**Work required**
Each line of the records below that contains "abbrev" needs to be copied.

**Source material**
:::::

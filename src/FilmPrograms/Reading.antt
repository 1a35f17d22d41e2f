-- ===== src/FilmPrograms/Reading.antt =====
-- What a user types, and how the programs read it.
use computer_science.Prelude.{
  ℕ, zero, suc, ◌-◌, ◌≡◌, ◌≢◌, ◌⊎◌, ◌∙◌, refl, ap, arith, true, false, List, [], ◌∷◌, ◌++◌, Option,
  none, some, ◌==◌, ◌>>=◌,
}
use computer_science.Text.{Text, newline, lacks, split_at}
use computer_science.Text.Decimal.{show_int, IsInt}
use computer_science.FilmList.{Film}
use computer_science.FilmPrograms.{
  tsize, read_bytes, fgets, discard_line, cut_line, finish_line, s_gets,
}

-- The first bytes of a title
abbrev pub first : ℕ → Text → Text
first zero t = []
first (suc n) [] = []
first (suc n) (c ∷ t) = c ∷ first n t

-- A title and a rating, each on a line
abbrev pub typed : List Film → Text → Text
typed [] end = end
typed (x ∷ xs) end = x.title ++ newline ∷ (show_int x.rating ++ newline ∷ typed xs end)

abbrev pub IsEntry : Film → Type 0
IsEntry x = (x.title ≢ []) × (lacks newline x.title ≡ true) × IsInt x.rating

abbrev pub AllEntries : List Film → Type 0
AllEntries [] = Unit
AllEntries (x ∷ xs) = IsEntry x × AllEntries xs

-- The end of the input, or an empty line
abbrev pub IsEnd : Text → Type 0
IsEnd end = (end ≡ []) ⊎ ((rest : Text) × (end ≡ newline ∷ rest))

-- A film as it is kept, with 44 bytes of its title
abbrev pub kept : Film → Film
kept x = record { title = first (tsize - 1) x.title; rating = x.rating }

discard_line-append :
    (t r : Text) → lacks newline t ≡ true → discard_line (t ++ newline ∷ r) ≡ some r
unfolding discard_line lacks
discard_line-append [] r plain = refl
discard_line-append (c ∷ t) r plain = ground (arith, discard_line-append t r)

abbrev cut_rest : Text → Option Text → Option (Text × Text)
cut_rest st o = o >>= λ rest. some (st, rest)

abbrev grown : ℕ → Option (Text × Text) → Option (Text × Text)
grown c none = none
grown c (some (t, r)) = some (c ∷ t, r)

rest_grown : (c : ℕ) (st : Text) (o : Option Text) → cut_rest (c ∷ st) o ≡ grown c (cut_rest st o)
rest_grown c st none = refl
rest_grown c st (some r) = refl

cut_line-grown :
    (c : ℕ) (st input : Text) (found : Option (Text × Text))
    → cut_line (c ∷ st) input (elim found [ none ↦ none | some (a, b) ↦ some (c ∷ a, b) ])
      ≡ grown c (cut_line st input found)
unfolding cut_line
cut_line-grown c st input none = rest_grown c st (discard_line input)
cut_line-grown c st input (some (a, b)) = refl

finish_line-cons :
    (c : ℕ) (st input : Text)
    → (c == newline) ≡ false
    → finish_line (c ∷ st, input) ≡ grown c (finish_line (st, input))
unfolding finish_line split_at
finish_line-cons c st input other = rw other (cut_line-grown c st input (split_at newline st))

finish_line-read_bytes :
    (n : ℕ) (t r : Text)
    → lacks newline t ≡ true
    → finish_line (read_bytes n (t ++ newline ∷ r)) ≡ some (first n t, r)
unfolding read_bytes lacks finish_line cut_line split_at
finish_line-read_bytes zero t r plain = rw (discard_line-append t r plain) refl
finish_line-read_bytes (suc n) [] r plain = refl
finish_line-read_bytes (suc n) (c ∷ t) r plain =
    let other : (c == newline) ≡ false = ground (arith, plain) in
    let rest : lacks newline t ≡ true = ground (arith, plain) in
    let got = read_bytes n (t ++ newline ∷ r) in
    rw other
      (finish_line-cons c got.0 got.1 other ∙ ap (grown c) (finish_line-read_bytes n t r rest))

-- A line is read with its first 44 bytes, and all of it is taken off the input.
pub s_gets-line :
    (t r : Text)
    → t ≢ []
    → lacks newline t ≡ true
    → s_gets tsize (t ++ newline ∷ r) ≡ some (some (first (tsize - 1) t), r)
unfolding s_gets fgets
s_gets-line [] r ne plain = absurd (ne refl)
s_gets-line (c ∷ t) r ne plain = rw (finish_line-read_bytes (tsize - 1) (c ∷ t) r plain) refl

pub s_gets-nil : s_gets tsize [] ≡ some (none, [])
unfolding s_gets fgets
s_gets-nil = refl

pub s_gets-newline : (r : Text) → s_gets tsize (newline ∷ r) ≡ some (some [], r)
unfolding s_gets fgets finish_line read_bytes split_at cut_line
s_gets-newline r = refl

pub first-cons : (t : Text) → t ≢ [] → (c : ℕ) × (s : Text) × (first (tsize - 1) t ≡ c ∷ s)
first-cons [] ne = absurd (ne refl)
first-cons (c ∷ t) ne = (c, first (tsize - 2) t, refl)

:::::

**Solution for this exercise**
abbrev pub first : ℕ → Text → Text
abbrev pub typed : List Film → Text → Text
abbrev pub IsEntry : Film → Type 0
abbrev pub AllEntries : List Film → Type 0
abbrev pub IsEnd : Text → Type 0
abbrev pub kept : Film → Film
abbrev cut_rest : Text → Option Text → Option (Text × Text)
abbrev grown : ℕ → Option (Text × Text) → Option (Text × Text)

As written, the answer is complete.